How carefully did you complete the reading? (Circle one)

Not at all
Skimmed it
2. Circle one to indicate how you did for the reading assignment from Homework 27 before class on Wednesday:

How carefully did you complete the reading? (Circle one)

Not at all
Skimmed it
3. Given the following declarations:
struct game {
char first[128];
char last[128];
int score;
};

struct point {
double x;
double y;
};

int i;
double w;
struct point p;
struct game g;
fill in the following table with the type (only) of each expression. Write ERROR for if the expression would be a compiler or run-time error.
 expression type (or ERROR) g g.first g.x p.x score g.first[i] w + g.score g.score++ *g.last
4. Consider the following main method:
int main() {
struct room r;
scanf(" %s %i %c", r.bldg, &r.num, &r.type);

if (isOffice(r)) {
r.sqft = 120.0;
} else if (isCloset(r.num, r.type)) {
r.sqft = 62.5;
} else {
r.sqft = 300;
}

printRoom(r, stdout);

return 0;
}
Write a definition for struct room as well as prototypes for the three functions isOffice, isCloset, and printRoom, based on how they are used in the code above.
5. Write a program topscores.c that reads in player names and game scores for some game, and prints out the names in alphabetical order along with the highest score that player achieved in the game.

The input to your program will come from a file like scores1.txt or scores2.txt, with the number of scores in the file, followed by a list of that many names and scores.
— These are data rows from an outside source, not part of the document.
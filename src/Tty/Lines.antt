-- ===== src/Tty/Lines.antt =====
-- The modem lines of a port: what a set reads back as.
use linux_device_driver.Common.{
  ℕ, ◌≡◌, Bool, true, false, arith, refl, if◌then◌else◌, ◌||◌, ◌&&◌, not, ap, ◌∙◌,
}
use linux_device_driver.Tty.{Tiny, Modem, bit, set_bit, clear_bit, tiocmget, tiocmset}

-- Bit 1 of a register after a set and after a clear, and the other two bits that are read.
set_two :
    (w : ℕ)
    → (bit 2 (set_bit 2 w) ≡ true)
      × (bit 1 (set_bit 2 w) ≡ bit 1 w)
      × (bit 4 (set_bit 2 w) ≡ bit 4 w)
set_two w = (ground arith, ground arith, ground arith)

clear_two :
    (w : ℕ)
    → (bit 2 (clear_bit 2 w) ≡ false)
      × (bit 1 (clear_bit 2 w) ≡ bit 1 w)
      × (bit 4 (clear_bit 2 w) ≡ bit 4 w)
clear_two w = (ground arith, ground arith, ground arith)

-- One conditional set or clear of bit 1.
set_if :
    (s : Bool) (w : ℕ)
    → (bit 2 (if s then set_bit 2 w else w) ≡ (s || bit 2 w))
      × (bit 1 (if s then set_bit 2 w else w) ≡ bit 1 w)
set_if true w = ((set_two w).0, (set_two w).1)
set_if false w = (refl, refl)

clear_if :
    (s : Bool) (w : ℕ)
    → (bit 2 (if s then clear_bit 2 w else w) ≡ (not s && bit 2 w))
      × (bit 1 (if s then clear_bit 2 w else w) ≡ bit 1 w)
clear_if true w = ((clear_two w).0, (clear_two w).1)
clear_if false w = (refl, refl)

-- After `tiny_tiocmset` the port reports RTS as: off when the call clears RTS or DTR, else on when
-- it sets RTS or DTR, else as before. It reports DTR, CTS and DSR as before, whatever the call
-- sets or clears.
pub tiocmset_then_get :
    (s c : Modem) (t : Tiny)
    → (let after = tiocmget (tiocmset s c t).1 in
        (after.rts ≡ (not (c.rts || c.dtr) && ((s.rts || s.dtr) || (tiocmget t).rts)))
        × (after.dtr ≡ (tiocmget t).dtr)
        × (after.cts ≡ (tiocmget t).cts)
        × (after.dsr ≡ (tiocmget t).dsr))
unfolding tiocmget tiocmset
tiocmset_then_get s c t =
    let a = if s.rts then set_bit 2 t.mcr else t.mcr in
    let b = if s.dtr then set_bit 2 a else a in
    let d = if c.rts then clear_bit 2 b else b in
    let (a2, a1) = set_if s.rts t.mcr in
    let (b2, b1) = set_if s.dtr a in
    let (d2, d1) = clear_if c.rts b in
    let (e2, e1) = clear_if c.dtr d in
    (
      e2
          ∙ ap (λ x. not c.dtr && x) (d2 ∙ ap (λ x. not c.rts && x) (b2 ∙ ap (λ x. s.dtr || x) a2))
          ∙ shuffle s.rts s.dtr c.rts c.dtr (bit 2 t.mcr),
      e1 ∙ d1 ∙ b1 ∙ a1,
      refl,
      refl,
    )
  where
    shuffle :
        (sr sd cr cd o : Bool)
        → (not cd && (not cr && (sd || (sr || o)))) ≡ (not (cr || cd) && ((sr || sd) || o))
    shuffle sr sd cr cd o = ground arith
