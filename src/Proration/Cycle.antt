-- ===== src/Proration/Cycle.antt =====
-- The billing date advances by one month at a time.
use pg_master_backend.Prelude.{ℕ, ◌+◌, ◌*◌, ◌/◌, ◌≤◌, ◌≡◌, refl, inl, inr, arith, ltb, Bool-cases}
use pg_master_backend.Calendar.{ms_per_day, utc_full_year, utc_month, utc_date}
use pg_master_backend.Calendar.Months.{days_in_month_bounds}
use pg_master_backend.Calendar.Fields.{date_utc_fields, month_of_day_range}
use pg_master_backend.Proration.{first_cycle_end, advance_billing_date}

-- The months from year 0.
abbrev pub month_index : ℕ → ℕ
month_index t = 12 * utc_full_year t + utc_month t

pub utc_month-le : (t : ℕ) → utc_month t ≤ 11
unfolding utc_month
utc_month-le t = omega (arith, (month_of_day_range (t / ms_per_day)).0)

-- For a cycle day of 1 to 28, as the onboarding form demands, the billing date moves to the next
-- calendar month, whatever day it stood on, and to the cycle's day of it.
pub advance_billing_date_next :
    (current cycle_day : ℕ)
    → 1 ≤ cycle_day
    → cycle_day ≤ 28
    → (month_index (advance_billing_date current cycle_day) ≡ month_index current + 1)
      × (utc_date (advance_billing_date current cycle_day) ≡ cycle_day)
unfolding advance_billing_date
advance_billing_date_next t d low high = elim (Bool-cases (ltb 11 (utc_month t + 1))) [
  | inl december ↦
      let f =
        date_utc_fields (utc_full_year t + 1) 0 d (omega arith) low
          (omega (arith, days_in_month_bounds (utc_full_year t + 1) 0)) in
      rw december (ground (arith, f, utc_month-le t))
  | inr other ↦
      let f =
        date_utc_fields (utc_full_year t) (utc_month t + 1) d (ground arith) low
          (omega (arith, days_in_month_bounds (utc_full_year t) (utc_month t + 1))) in
      rw other (ground (arith, f))
]

-- The first cycle of a tenancy ends where a billing date on the join date would advance to.
pub first_cycle_end-advance :
    (join_date cycle_day : ℕ)
    → first_cycle_end join_date cycle_day ≡ advance_billing_date join_date cycle_day
unfolding first_cycle_end advance_billing_date
first_cycle_end-advance j d = refl
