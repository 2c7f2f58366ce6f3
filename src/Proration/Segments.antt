-- ===== src/Proration/Segments.antt =====
-- The cursor's month: what the loop of `calculateProratedRent` computes of it by `Date.UTC`.
use pg_master_backend.Prelude.{ℕ, zero, suc, ◌+◌, ◌-◌, ◌*◌, ◌/◌, ◌≤◌, ◌≡◌, arith, ◌∙◌}
use pg_master_backend.Calendar.{
  ms_per_day, days_in_month, days_before_year, days_before_month, day_number, date_utc, year_of_day,
  month_of_day, date_of_day, utc_full_year, utc_month, utc_date,
}
use pg_master_backend.Calendar.Months.{days_in_month_bounds}
use pg_master_backend.Calendar.Fields.{
  year_of_day-day, month_of_day-day, date_of_day-day, next_month_day, month_of_day_range,
  day_number-next,
}
use pg_master_backend.Proration.{daily_rate, month_length_at, first_of_next_month}

-- The length of the month that a day lies in.
abbrev pub length_of_month : ℕ → ℕ
length_of_month n = days_in_month (year_of_day n) (month_of_day n)

-- Day 0 of the next month is the last day of this one.
pub last_day : (y m : ℕ) → m ≤ 11 → date_of_day (day_number y (m + 1) 0) ≡ days_in_month y m
last_day y m h =
    let e : day_number y (m + 1) 0
        ≡ days_before_year y + (days_before_month y m + (days_in_month y m - 1)) =
      omega (arith, day_number-next y m 0 h, days_in_month_bounds y m) in
    rw e (
      date_of_day-day y m (days_in_month y m - 1) h (omega (arith, days_in_month_bounds y m))
      ∙ omega (arith, days_in_month_bounds y m))

module _ (c : ℕ) where
  midnight : c * ms_per_day / ms_per_day ≡ c
  midnight = omega arith

  pub month_length_at_midnight : month_length_at (c * ms_per_day) ≡ length_of_month c
  unfolding month_length_at utc_full_year utc_month utc_date date_utc
  month_length_at_midnight =
      let q : day_number (year_of_day c) (month_of_day c + 1) 0 * ms_per_day / ms_per_day
          ≡ day_number (year_of_day c) (month_of_day c + 1) 0 =
        omega arith in
      rw (midnight, q) (last_day (year_of_day c) (month_of_day c) (month_of_day_range c).0)

  pub first_of_next_month_midnight :
      first_of_next_month (c * ms_per_day) ≡ next_month_day c * ms_per_day
  unfolding first_of_next_month utc_full_year utc_month date_utc
  first_of_next_month_midnight =
      rw (midnight, day_number-next (year_of_day c) (month_of_day c) 1 (month_of_day_range c).0)
        (omega arith)

-- What each day costs, summed day by day: `count` days from day `from`.
unfoldable pub daily_sum : ℕ → ℕ → ℕ → ℕ
daily_sum rent from zero = 0
daily_sum rent from (suc count) =
    daily_rate rent (length_of_month from) + daily_sum rent (from + 1) count

pub daily_sum_add :
    (rent from a b : ℕ)
    → daily_sum rent from (a + b) ≡ daily_sum rent from a + daily_sum rent (from + a) b
unfolding daily_sum
daily_sum_add rent from zero b =
    let e : 0 + b ≡ b = omega arith in
    let f : from + 0 ≡ from = omega arith in rw (e, f) (omega arith)
daily_sum_add rent from (suc a) b =
    let e : suc a + b ≡ suc (a + b) = omega arith in
    let f : from + suc a ≡ from + 1 + a = omega arith in
    rw (e, f) (omega (arith, daily_sum_add rent (from + 1) a b))

-- Within one month every day costs the same.
daily_sum_month :
    (rent y m d count : ℕ)
    → m ≤ 11
    → d + count ≤ days_in_month y m
    → daily_sum rent (days_before_year y + (days_before_month y m + d)) count
      ≡ daily_rate rent (days_in_month y m) * count
unfolding daily_sum
daily_sum_month rent y m d zero h fits = omega arith
daily_sum_month rent y m d (suc count) h fits =
    let next : days_before_year y + (days_before_month y m + d) + 1
        ≡ days_before_year y + (days_before_month y m + (d + 1)) =
      omega arith in
    rw
      (
        year_of_day-day y m d h (omega arith),
        month_of_day-day y m d h (omega arith),
        next,
        daily_sum_month rent y m (d + 1) count h (omega arith),
      )
      (omega arith)

-- Up to the first of the next month the days cost one rate times their number.
pub daily_sum_segment :
    (rent c count : ℕ)
    → c + count ≤ next_month_day c
    → daily_sum rent c count ≡ daily_rate rent (length_of_month c) * count
daily_sum_segment rent c count fits =
    let y = year_of_day c in
    let m = month_of_day c in
    let r = month_of_day_range c in
    let d = c - (days_before_year y + days_before_month y m) in
    let e : days_before_year y + (days_before_month y m + d) ≡ c = omega arith in
    rw e at (daily_sum_month rent y m d count r.0 (omega arith))
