-- ===== src/Proration/Rent.antt =====
-- `calculateProratedRent` charges every day of the period at its own month's rate.
use pg_master_backend.Prelude.{
  ℕ, zero, suc, ◌+◌, ◌-◌, ◌*◌, ◌/◌, ◌<◌, ◌≡◌, true, false, some, arith, ap, ◌∙◌, inl, inr, ltb,
  if◌then◌else◌, Bool-cases,
}
use pg_master_backend.Calendar.{ms_per_day, date_utc}
use pg_master_backend.Calendar.Fields.{next_month_day, month_of_day_range}
use pg_master_backend.Proration.{
  parts_per_paisa, round_div, daily_rate, segment_end, prorated_loop, calculate_prorated_rent,
  to_date_only, first_cycle_end,
}
use pg_master_backend.Proration.Segments.{
  length_of_month, month_length_at_midnight, first_of_next_month_midnight, daily_sum, daily_sum_add,
  daily_sum_segment,
}

-- The days that one round charges.
abbrev segment_days : ℕ → ℕ → ℕ
segment_days c e = if ltb e (next_month_day c) then e - c else next_month_day c - c

round_div_days : (k : ℕ) → round_div (k * ms_per_day) ms_per_day ≡ k
unfolding round_div
round_div_days k = omega arith

segment_days_lem :
    (c e : ℕ)
    → c < e
    → round_div (segment_end (c * ms_per_day) (e * ms_per_day) - c * ms_per_day) ms_per_day
      ≡ segment_days c e
unfolding segment_end
segment_days_lem c e h = elim (Bool-cases (ltb e (next_month_day c))) [
  | inl inside ↦
      let t : ltb (e * ms_per_day) (next_month_day c * ms_per_day) ≡ true = ground arith in
      let d : e * ms_per_day - c * ms_per_day ≡ (e - c) * ms_per_day = omega arith in
      rw (first_of_next_month_midnight c, t, inside, d) (round_div_days (e - c))
  | inr past ↦
      let t : ltb (e * ms_per_day) (next_month_day c * ms_per_day) ≡ false = ground arith in
      let d : next_month_day c * ms_per_day - c * ms_per_day ≡ (next_month_day c - c) * ms_per_day =
        omega arith in
      rw (first_of_next_month_midnight c, t, past, d) (round_div_days (next_month_day c - c))
]

-- One round charges the days up to the next month, and leaves those from there on.
daily_sum_round :
    (rent c e : ℕ)
    → c < e
    → daily_sum rent c (e - c)
      ≡ daily_rate rent (length_of_month c) * segment_days c e
        + daily_sum rent (next_month_day c) (e - next_month_day c)
unfolding daily_sum
daily_sum_round rent c e h = elim (Bool-cases (ltb e (next_month_day c))) [
  | inl inside ↦
      let z : e - next_month_day c ≡ 0 = ground arith in
      rw (inside, z) (daily_sum_segment rent c (e - c) (ground arith) ∙ omega arith)
  | inr past ↦
      let b = (month_of_day_range c).2 in
      let split : e - c ≡ (next_month_day c - c) + (e - next_month_day c) = ground arith in
      let at : c + (next_month_day c - c) ≡ next_month_day c = omega arith in
      rw (
        past,
        split,
        daily_sum_add rent c (next_month_day c - c) (e - next_month_day c),
        at,
        daily_sum_segment rent c (next_month_day c - c) (omega arith),
      )
]

-- With fuel for the days, the loop ends, and adds what each day of the period costs.
pub prorated_loop_days :
    (fuel c e rent total : ℕ)
    → e - c < fuel
    → prorated_loop fuel (c * ms_per_day) (e * ms_per_day) rent total
      ≡ some (total + daily_sum rent c (e - c))
unfolding prorated_loop
prorated_loop_days zero c e rent total h = elim h [ ]
prorated_loop_days (suc fuel) c e rent total h = elim (Bool-cases (ltb c e)) [
  | inl more ↦
      let b = (month_of_day_range c).2 in
      let t : ltb (c * ms_per_day) (e * ms_per_day) ≡ true = ground arith in
      let lt : c < e = ground arith in
      rw (t, segment_days_lem c e lt, month_length_at_midnight c, first_of_next_month_midnight c)
        (prorated_loop_days fuel (next_month_day c) e rent
            (total + daily_rate rent (length_of_month c) * segment_days c e) (omega arith)
          ∙ ap some (omega (arith, daily_sum_round rent c e lt)))
  | inr done ↦
      let t : ltb (c * ms_per_day) (e * ms_per_day) ≡ false = ground arith in
      let z : e - c ≡ 0 = ground arith in rw (t, z) (unfold daily_sum in ap some (omega arith))
]

-- The day that the first cycle ends, which is exclusive.
abbrev pub end_day : ℕ → ℕ → ℕ
end_day join_date cycle_day = first_cycle_end join_date cycle_day / ms_per_day

abbrev pub start_day : ℕ → ℕ
start_day join_date = to_date_only join_date / ms_per_day

first_cycle_end_midnight : (j d : ℕ) → first_cycle_end j d ≡ end_day j d * ms_per_day
unfolding first_cycle_end date_utc
first_cycle_end_midnight j d = ground arith

to_date_only_midnight : (j : ℕ) → to_date_only j ≡ start_day j * ms_per_day
unfolding to_date_only date_utc
to_date_only_midnight j = omega arith

prorated_loop_midnights :
    (fuel a b rent c e : ℕ)
    → a ≡ c * ms_per_day
    → b ≡ e * ms_per_day
    → e - c < fuel
    → prorated_loop fuel a b rent 0 ≡ some (daily_sum rent c (e - c))
prorated_loop_midnights fuel a b rent c e pa pb h =
    rw (pa, pb) (prorated_loop_days fuel c e rent 0 h ∙ ap some (omega arith))

-- For every join date, cycle day and rent, `calculateProratedRent` ends; the period is from the
-- join date to the first cycle end, and the amount is the sum over the days of the period, the last
-- excluded, of the rent divided by the length of that day's month, rounded to the paisa.
pub calculate_prorated_rent_days :
    (join_date cycle_day rent : ℕ)
    → calculate_prorated_rent join_date cycle_day rent
      ≡ some (record {
        period_start = to_date_only join_date;
        period_end = first_cycle_end join_date cycle_day;
        prorated_amount =
            round_div
              (daily_sum rent
                (start_day join_date)
                (end_day join_date cycle_day - start_day join_date))
              parts_per_paisa;
      })
unfolding calculate_prorated_rent
calculate_prorated_rent_days j d rent =
    let loop =
      prorated_loop_midnights ((first_cycle_end j d - to_date_only j) / ms_per_day + 1)
        (to_date_only j) (first_cycle_end j d) rent (start_day j) (end_day j d)
        (to_date_only_midnight j) (first_cycle_end_midnight j d)
        (omega (arith, to_date_only_midnight j, first_cycle_end_midnight j d)) in
    rw (loop, calculate_prorated_rent)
You can assume that a name will always be in two parts (first and last name).

You must create a struct to hold a single player's name and score, and use that to read in and organize your data. Beyond that, you are free to solve the problem in whatever way you think is best, and there are multiple good ways to do it. One good way is to first read in all of the scores, then sort by name (alphabetically) and breaking ties by score (highest first). Once the data is sorted in this way, printing out the top score for each player should be a much easier task.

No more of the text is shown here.